Claims
- 1. A method for dynamically managing the power consumption of a digital system comprising the steps of:
accepting clock configuration data comprising a plurality of frequency values for a clock of a processor of the digital system; accepting voltage configuration data comprising a plurality of voltage points of a voltage regulator and an associated maximum frequency for each voltage point of the plurality of voltage points; determining a plurality of setpoints for the processor from the clock configuration data and the voltage configuration data wherein the number of setpoints corresponds to the number of frequency values in the plurality of frequency values and each setpoint comprises a frequency value of the plurality of frequency values and a minimum voltage point required for the frequency value; accepting a request from an entity of the digital system to change a current setpoint of the processor to a new setpoint; and changing the current setpoint of the processor to the new setpoint wherein a current frequency of the clock is changed to the frequency value of the setpoint and a voltage of the voltage regulator is changed to the voltage point of the setpoint.
- 2. The method of claim 1 further comprising the steps of:
calling a first function specified by the entity prior to the step of changing the current setpoint if the entity requests that the first function be called; and calling a second function specified by the entity after the step of changing the current setpoint if the entity requests that the second function be called.
- 3. The method of claim 1 wherein the clock configuration data and the voltage configuration data are received from a user configurable source.

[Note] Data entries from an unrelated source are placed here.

-- ===== src/Alerts/Fired.antt =====
-- Which alerts a sample gives.
use superflash_ia.Prelude.{
  ℕ, ◌+◌, ◌*◌, ◌≡◌, Option, none, some, List, [], ◌∷◌, ◌++◌, arith, if◌then◌else◌, count, ltb,
}
use superflash_ia.Alerts.Types.{
  AlertType, high_cpu, high_memory, high_disk, high_network_utilization, stale_server, type_beq,
  Floats, Candidate, WatchedServer, Sample, Thresholds,
}
use superflash_ia.Alerts.Evaluate.{
  network_utilization, is_stale, stale, Check, checks, run_checks, evaluate_metric,
}

module _ (F : Floats) where
  -- How many candidates have the type.
  abbrev pub fired : AlertType → List (Candidate F) → ℕ
  fired kind cs = count (λ (c : Candidate F). type_beq c.alert_type kind) cs

  abbrev pub above : Option F.Number → F.Number → ℕ
  above none threshold = 0
  above (some value) threshold = if F.exceeds value threshold then 1 else 0

  count-append :
      (kind : AlertType) (xs ys : List (Candidate F))
      → fired kind (xs ++ ys) ≡ fired kind xs + fired kind ys
  count-append kind [] ys = omega arith
  count-append kind (x ∷ xs) ys = let r = count-append kind xs ys in ground arith

  -- A check fires its own type, once, where its value exceeds its threshold.
  fired-run_checks :
      (kind : AlertType) (check : Check F) (rest : List (Check F)) (server : WatchedServer F)
      (m : Sample F)
      → fired kind (run_checks F (check ∷ rest) server m)
        ≡ (if type_beq check.alert_type kind then above check.value check.threshold else 0)
          + fired kind (run_checks F rest server m)
  unfolding run_checks
  fired-run_checks kind check rest server m = ground arith

  -- What the checks fire of one type.
  fired-checks :
      (kind : AlertType) (settings : Thresholds F) (server : WatchedServer F) (m : Sample F)
      → fired kind (run_checks F (checks F settings server m) server m)
        ≡ (if type_beq high_cpu kind then above (some m.cpu_percent) settings.cpu else 0)
          + ((if type_beq high_memory kind
                then above (some m.memory_percent) settings.memory
                else 0)
              + ((if type_beq high_disk kind then above m.disk_percent settings.disk else 0)
                  + (if type_beq high_network_utilization kind
                      then above
                          (network_utilization F m.output_mbps server.network_capacity_mbps)
                          settings.network_utilization
                      else 0)))
  unfolding run_checks
  fired-checks kind settings server m =
      let net : Check F = record {
        alert_type = high_network_utilization;
        value = network_utilization F m.output_mbps server.network_capacity_mbps;
        threshold = settings.network_utilization;
        label = "Utilización de red";
      } in
      let disk : Check F = record {
        alert_type = high_disk;
        value = m.disk_percent;
        threshold = settings.disk;
        label = "Disco";
      } in
      let memory : Check F = record {
        alert_type = high_memory;
        value = some m.memory_percent;
        threshold = settings.memory;
        label = "Memoria";
      } in
      let cpu : Check F = record {
        alert_type = high_cpu;
        value = some m.cpu_percent;
        threshold = settings.cpu;
        label = "CPU";
      } in
      let r1 = fired-run_checks kind cpu (memory ∷ disk ∷ net ∷ []) server m in
      let r2 = fired-run_checks kind memory (disk ∷ net ∷ []) server m in
      let r3 = fired-run_checks kind disk (net ∷ []) server m in
      let r4 = fired-run_checks kind net [] server m in omega (arith, r1, r2, r3, r4)

  -- The age fires its own type only.
  fired-stale :
      (kind : AlertType) (settings : Thresholds F) (server : WatchedServer F) (m : Sample F)
      (now : ℕ)
      → fired kind (if is_stale F settings m now then stale F settings server m now ∷ [] else [])
        ≡ (if type_beq stale_server kind
            then (if ltb (m.collected_at + settings.stale_minutes * 60000000) now then 1 else 0)
            else 0)
  fired-stale kind settings server m now = ground arith

  -- Of each type a sample fires one alert or none: the one of its age exactly where the sample is older
  -- than the limit, the others exactly where the value is known and exceeds its threshold.
  pub fired-evaluate_metric :
      (settings : Thresholds F) (server : WatchedServer F) (m : Sample F) (now : ℕ)
      → let cs = evaluate_metric F settings server m now in
        (fired stale_server cs
          ≡ (if ltb (m.collected_at + settings.stale_minutes * 60000000) now then 1 else 0))
        × (fired high_cpu cs ≡ above (some m.cpu_percent) settings.cpu)
        × (fired high_memory cs ≡ above (some m.memory_percent) settings.memory)
        × (fired high_disk cs ≡ above m.disk_percent settings.disk)
        × (fired high_network_utilization cs
            ≡ above
                (network_utilization F m.output_mbps server.network_capacity_mbps)
                settings.network_utilization)
  unfolding evaluate_metric
  fired-evaluate_metric settings server m now =
      let f = λ (kind : AlertType).
        count-append kind
          (if is_stale F settings m now then stale F settings server m now ∷ [] else [])
          (run_checks F (checks F settings server m) server m) in
      let g = λ (kind : AlertType). fired-stale kind settings server m now in
      let h = λ (kind : AlertType). fired-checks kind settings server m in
      (
        omega (arith, f stale_server, g stale_server, h stale_server),
        omega (arith, f high_cpu, g high_cpu, h high_cpu),
        omega (arith, f high_memory, g high_memory, h high_memory),
        omega (arith, f high_disk, g high_disk, h high_disk),
        omega (
          arith,
          f high_network_utilization,
          g high_network_utilization,
          h high_network_utilization,
        ),
      )
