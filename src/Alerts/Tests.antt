-- ===== src/Alerts/Tests.antt =====
-- The theorems of the alerts at one server, with natural numbers for the measured values.
use superflash_ia.Prelude.{
  ℕ, ◌+◌, ◌*◌, ◌/◌, true, not, ◌≡◌, refl, none, some, [], ◌∷◌, ltb, leb, map, All, contains,
  string_eq, if◌then◌else◌,
}
use superflash_ia.Alerts.Types.{
  high_cpu, high_memory, high_disk, high_network_utilization, stale_server, resolved, acknowledged,
  is_resolved, warning, type_value, Floats, Candidate, Alert, WatchedServer, Sample, Thresholds,
}
use superflash_ia.Alerts.Evaluate.{network_utilization, evaluate_metric}
use superflash_ia.Alerts.Sync.{fingerprint_of, AlertTable, sync, sync_all, sync_one, created}
use superflash_ia.Alerts.Fired.{fired, above, fired-evaluate_metric}
use superflash_ia.Alerts.Current.{sync_current}

abbrev floats : Floats
floats = record {
  Number = ℕ;
  exceeds = λ a b. ltb b a;
  is_at_least = λ a n. leb n a;
  is_positive = λ a. ltb 0 a;
  percentage = λ a b. a * 100 / b;
  minutes_of = λ n. n / 60000000;
  from_int = λ n. n;
  text_of = λ _. "95";
  decimal = λ _. "7";
}

abbrev server : WatchedServer floats
server = record { server_id = 7; name = "node"; enabled = true; network_capacity_mbps = some 1000 }

abbrev sample : Sample floats
sample = record {
  collected_at = 1;
  cpu_percent = 95;
  memory_percent = 10;
  disk_percent = none;
  output_mbps = 900;
}

abbrev thresholds : Thresholds floats
thresholds = record {
  cpu = 90;
  memory = 90;
  disk = 90;
  network_utilization = 85;
  stale_minutes = 15;
}

fired-evaluate_metric_example :
    let cs = evaluate_metric floats thresholds server sample 2 in
    (fired floats stale_server cs ≡ (if ltb (1 + 15 * 60000000) 2 then 1 else 0))
    × (fired floats high_cpu cs ≡ above floats (some 95) 90)
    × (fired floats high_memory cs ≡ above floats (some 10) 90)
    × (fired floats high_disk cs ≡ above floats none 90)
    × (fired floats high_network_utilization cs
        ≡ above floats (network_utilization floats 900 (some 1000)) 85)
fired-evaluate_metric_example = fired-evaluate_metric floats thresholds server sample 2

abbrev high : Candidate floats
high = record {
  alert_type = high_cpu;
  server_id = 7;
  server_name = "node";
  message = "CPU";
  value = some 95;
  threshold = some 90;
  collected_at = some 1;
}

-- An alert of the memory that was acknowledged and holds no longer.
abbrev old : Alert floats
old = record {
  alert_id = 1;
  fingerprint = "7:high_memory";
  alert_type = high_memory;
  severity = warning;
  status = acknowledged;
  server_id = 7;
  server_name = "node";
  message = "Memoria";
  value = some 95;
  threshold = some 90;
  collected_at = some 1;
  first_seen_at = 1;
  last_seen_at = 1;
  acknowledged_at = some 1;
  resolved_at = none;
}

abbrev before : AlertTable floats
before = record { alerts = old ∷ []; next_alert = 2 }

abbrev after_sync : AlertTable floats
after_sync = record {
  alerts = record old { status = resolved; resolved_at = some 2 } ∷ created floats high 2 2 ∷ [];
  next_alert = 3;
}

synced : sync floats 2 (high ∷ []) before ≡ some after_sync
unfolding sync sync_all sync_one type_value created
synced = refl

sync_current_example :
    All
      (λ (a : Alert floats).
        is_resolved a.status
        ≡ not (contains (map (fingerprint_of floats) (high ∷ [])) a.fingerprint))
      after_sync.alerts
sync_current_example = sync_current floats 2 (high ∷ []) before after_sync synced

- 4. A method for dynamically managing the power consumption of a digital system wherein a processor of the digital system is comprised of a plurality of processing cores wherein each processing core of the plurality of processing cores has an associated clock comprising the steps of:
accepting clock configuration data comprising a plurality of frequency values for each clock of the processor; accepting voltage configuration data comprising a plurality of voltage points of a voltage regulator and an associated maximum frequency value for each voltage point of the plurality of voltage points; determining a plurality of setpoints for each processing core of the plurality of processing cores from the plurality of frequency values and the voltage configuration data wherein the number of setpoints for each processing core corresponds to the number of frequency values in the plurality of frequency values of the associated clock of the processing core and each setpoint comprises a frequency value of the plurality of frequency values of the associated clock and a minimum voltage point required for the frequency value; accepting a request from an entity of the digital system to change a first current setpoint of a first processing core to a first new setpoint; and changing the first current setpoint of the first processing core to the first new setpoint wherein a current frequency of the associated clock is changed to the frequency value of the first new setpoint and a voltage of the voltage regulator is changed to the voltage point of the first new setpoint if the voltage point of the first new setpoint is the minimum voltage required for all current frequencies of all clocks of the plurality of processing cores.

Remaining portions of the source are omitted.